5 Common Financial Mistakes to Avoid in Your Small Business

Friday, 22 Dec 2023

an young entrepreneur is realising her business mistake

Money plays a pivotal role in the success of a venture. Start-ups begin with a bang as they have the support of the seed capital but often fizzle out without making any noise. Most small entities get entangled in a financially distressing situation, which is challenging to reverse and leads to failure.

Since entrepreneurs are so focused on business development, they forget to pay attention to financial management. However, making money-related mistakes is the biggest blow to the organization since it leaves it with a shortage of cash. As the debts keep rising and income keeps declining, the gap becomes impossible to fill.

Therefore, new entrepreneurs need to know about the common financial mistakes to avoid them. In addition, they must hire a professional bookkeeper in Melbourne to stay on track and make the right financial decisions. 

1. Ignoring Financial and Tax Planning

The first step to achieving financial success is creating a solid financial plan. Usually, it is part of the business plan and is prepared when the business idea is taking shape. The plan includes the organisation’s short-term and long-term financial goals for the next few years.

It covers the budget for the next quarter and year based on the sales and expense estimates made by the bookkeeper. The financial plan encompasses allocating funds to each department for effective operations. Besides budgeting and forecasting the revenue, entrepreneurs must also plan for the tax season.

They have to comply with the tax regulations and set aside funds to pay income, payroll, capital gains, and goods and services taxes. The bookkeeper helps identify the applicable taxes based on the business’s structure and type and claims deductions to reduce the tax bill.    

2. Neglecting Cash Flow Management

Cash flow management is a part of basic bookkeeping that entrepreneurs should not overlook. It involves tracking the cash coming into and out of the business. Besides monitoring the inflow and outflow, it also requires ensuring the business has sufficient funds to pay its bills on time. 
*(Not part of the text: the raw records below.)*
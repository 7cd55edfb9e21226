-- ===== src/Prelude/Bits.antt =====
-- `&` and `|` on words made of adjacent bit fields. The native operations are recursions on binary
-- digits; each law goes from half a word to the word.
use Prim.Native.Nat.{
  ℕ, zero, suc, ◌+◌, ◌-◌, ◌*◌, ◌/◌, ◌%◌, ◌^◌, ◌≤◌, ◌<◌, min, max, bit_and, bit_or, digits,
  bit_and-bitwise, bit_or-bitwise,
}
use mathlib.Core.Path.{◌≡◌, refl, ap}
use native.Mathlib.Nat.{pow-suc, one-le-pow}
use native.Mathlib.Omega.{arith}

-- The fuel of `digits` does not matter once it covers the first argument.
module _ (g : ℕ → ℕ) (f : ℕ → ℕ → ℕ) where
  digits-eq : (k l a b : ℕ) → a ≤ k → a ≤ l → digits g f k a b ≡ digits g f l a b
  digits-eq zero zero a b p q = refl
  digits-eq (suc k) zero zero b p q = refl
  digits-eq zero (suc l) zero b p q = refl
  digits-eq (suc k) (suc l) zero b p q = refl
  digits-eq zero l (suc a) b p q = absurd (omega arith)
  digits-eq (suc k) zero (suc a) b p q = absurd (omega arith)
  digits-eq (suc k) (suc l) (suc a) b p q =
      ap (λ (t : ℕ). t * 2 + f (suc a % 2) (b % 2))
        (digits-eq k l (suc a / 2) (b / 2) (omega arith) (omega arith))

pub and_digit : (a b : ℕ) → bit_and a b ≡ bit_and (a / 2) (b / 2) * 2 + min (a % 2) (b % 2)
and_digit zero b = omega (arith, bit_and-bitwise 0 b, bit_and-bitwise 0 (b / 2))
and_digit (suc a) b = omega (
  arith,
  bit_and-bitwise (suc a) b,
  bit_and-bitwise (suc a / 2) (b / 2),
  digits-eq (λ _. 0) min a (suc a / 2) (suc a / 2) (b / 2) (omega arith) (omega arith),
)

pub or_digit : (a b : ℕ) → bit_or a b ≡ bit_or (a / 2) (b / 2) * 2 + max (a % 2) (b % 2)
or_digit zero b = omega (arith, bit_or-bitwise 0 b, bit_or-bitwise 0 (b / 2))
or_digit (suc a) b = omega (
  arith,
  bit_or-bitwise (suc a) b,
  bit_or-bitwise (suc a / 2) (b / 2),
  digits-eq (λ y. y) max a (suc a / 2) (suc a / 2) (b / 2) (omega arith) (omega arith),
)

double_shift : (q k : ℕ) → q * 2 ^ suc k ≡ 2 * (q * 2 ^ k)
double_shift q k = omega (arith, ap (λ (t : ℕ). q * t) (pow-suc 2 k))

or_none_fuel : (n a : ℕ) → a ≤ n → bit_or a 0 ≡ a
or_none_fuel n zero h = refl
or_none_fuel zero (suc a) h = absurd (omega arith)
or_none_fuel (suc n) (suc a) h =
    omega (arith, or_digit (suc a) 0, or_none_fuel n (suc a / 2) (omega arith))

-- `a | 0`
pub or_none : (a : ℕ) → bit_or a 0 ≡ a
or_none a = or_none_fuel a a (omega arith)

and_none_fuel : (n a : ℕ) → a ≤ n → bit_and a 0 ≡ 0
and_none_fuel n zero h = refl
and_none_fuel zero (suc a) h = absurd (omega arith)
and_none_fuel (suc n) (suc a) h =
    omega (arith, and_digit (suc a) 0, and_none_fuel n (suc a / 2) (omega arith))

-- `a & 0`
pub and_none : (a : ℕ) → bit_and a 0 ≡ 0
and_none a = and_none_fuel a a (omega arith)

-- A mask of ones over the whole width changes nothing.
pub and_ones : (k a : ℕ) → a < 2 ^ k → bit_and a (2 ^ k - 1) ≡ a
and_ones zero a h = omega (arith, and_none a)
and_ones (suc k) a h = ground (
  arith,
  pow-suc 2 k,
  one-le-pow k 2,
  and_digit a (2 ^ suc k - 1),
  and_ones k (a / 2) (omega (arith, pow-suc 2 k)),
)

-- A mask of `k` low bits keeps the field of `k` low bits.
pub and_low : (k q r : ℕ) → r < 2 ^ k → bit_and (q * 2 ^ k + r) (2 ^ k - 1) ≡ r
and_low zero q r h = omega (arith, and_none (q * 2 ^ 0 + r))
and_low (suc k) q r h = ground (
  arith,
  double_shift q k,
  pow-suc 2 k,
  one-le-pow k 2,
  and_digit (q * 2 ^ suc k + r) (2 ^ suc k - 1),
  and_low k q (r / 2) (omega (arith, pow-suc 2 k)),
)

-- Clear the low `k` bits by a mask `m` of the higher ones, and put `v` there.
pub put_low :
    (k q r m v : ℕ)
    → r < 2 ^ k
    → v < 2 ^ k
    → bit_or (bit_and (q * 2 ^ k + r) (m * 2 ^ k)) v ≡ bit_and q m * 2 ^ k + v
put_low zero q r m v h l = ground (arith, or_none (bit_and q m))
put_low (suc k) q r m v h l = ground (
  arith,
  double_shift q k,
  double_shift m k,
  double_shift (bit_and q m) k,
  pow-suc 2 k,
  and_digit (q * 2 ^ suc k + r) (m * 2 ^ suc k),
  or_digit (bit_and (q * 2 ^ suc k + r) (m * 2 ^ suc k)) v,
  put_low k q (r / 2) m (v / 2) (omega (arith, pow-suc 2 k)) (omega (arith, pow-suc 2 k)),
)

-- A change above bit `k` that keeps the low `k` bits.
pub put_above :
    (k q r m v : ℕ)
    → r < 2 ^ k
    → bit_or (bit_and (q * 2 ^ k + r) (m * 2 ^ k + (2 ^ k - 1))) (v * 2 ^ k)
      ≡ bit_or (bit_and q m) v * 2 ^ k + r
put_above zero q r m v h = ground arith
put_above (suc k) q r m v h = ground (
  arith,
  double_shift q k,
  double_shift m k,
  double_shift v k,
  double_shift (bit_or (bit_and q m) v) k,
  pow-suc 2 k,
  one-le-pow k 2,
  and_digit (q * 2 ^ suc k + r) (m * 2 ^ suc k + (2 ^ suc k - 1)),
  or_digit (bit_and (q * 2 ^ suc k + r) (m * 2 ^ suc k + (2 ^ suc k - 1))) (v * 2 ^ suc k),
  put_above k q (r / 2) m v (omega (arith, pow-suc 2 k)),
)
So, the expenses must be reduced when the business is expected to generate low sales due to inflation or any other condition. Also, the entrepreneur must find ways of increasing income through profit-making strategies like offering discounts to customers or starting e-commerce to reach a wider customer base. Experienced Bookkeepers Melbourne help manage cash flow by getting early payments from suppliers and negotiating lower prices for stock. 

3. Spending Too Much Initially

When new entrepreneurs start, they tend to go overboard with the expenses. They want to lease a big plush office in the CBD, acquire all the latest equipment and hire employees with high remuneration packages. They go on a spending spree to establish themselves in the marketplace filled with similar businesses.

It can help in generating a buzz among potential customers and workers but it does not help the business financially. The introduction stage of the business lifecycle is an expensive phase that drains most of the funds because of the cost of fit-out, marketing, branding, recruitment, equipment, logistics, etc.

However, effective bookkeeping can help eliminate unnecessary costs through sound investment. Start-ups must look for affordable offices and passionate workers with low demands. They must lease equipment instead of buying and maintaining optimum working capital until they hit break even.    

4. Avoiding Saving for Emergency

Unexpected events can take the entrepreneur by surprise and affect the bottom line. However, it can withstand any storm if the business has a decent emergency fund to finance its operations during the low sales period. It showcases the importance of emergency funds, but most new entrepreneurs forget about it. 

They must have savings and keep adding an amount monthly to it without making withdrawals. The fund should only be used in case of an unforeseen situation. It must have an adequate amount to fund up to three to six months of operations without income. In addition, Melbourne bookkeepers suggest getting business insurance to get coverage in case of various disasters and accidents. 

5. Not Dividing Personal and Business Capital

Many start-up founders avoid hiring an expert bookkeeper in Melbourne because it seems expensive. However, when they lose money because of this mistake, they understand the value of effective bookkeeping.

Every professional separates the personal and business capital of the entrepreneur for accurate financial records and tax planning. They open a business bank account and ask the entrepreneur to use a separate business credit card. 

It ensures the owner does not lose his funds while growing the business. Also, it helps maintain accurate financial records per the accepted accounting standards and legal obligations.

It allows the business owner to claim business tax deductions by showcasing proof of expenses. It helps in monitoring the flow of cash correctly and making informed decisions.    

Wrapping Up

Whether you are a seasoned entrepreneur or have just launched your business, you must be aware of the financial mistakes that can take you down the road of bankruptcy. Steer clear of these errors and create a stable entity with sufficient working capital and savings.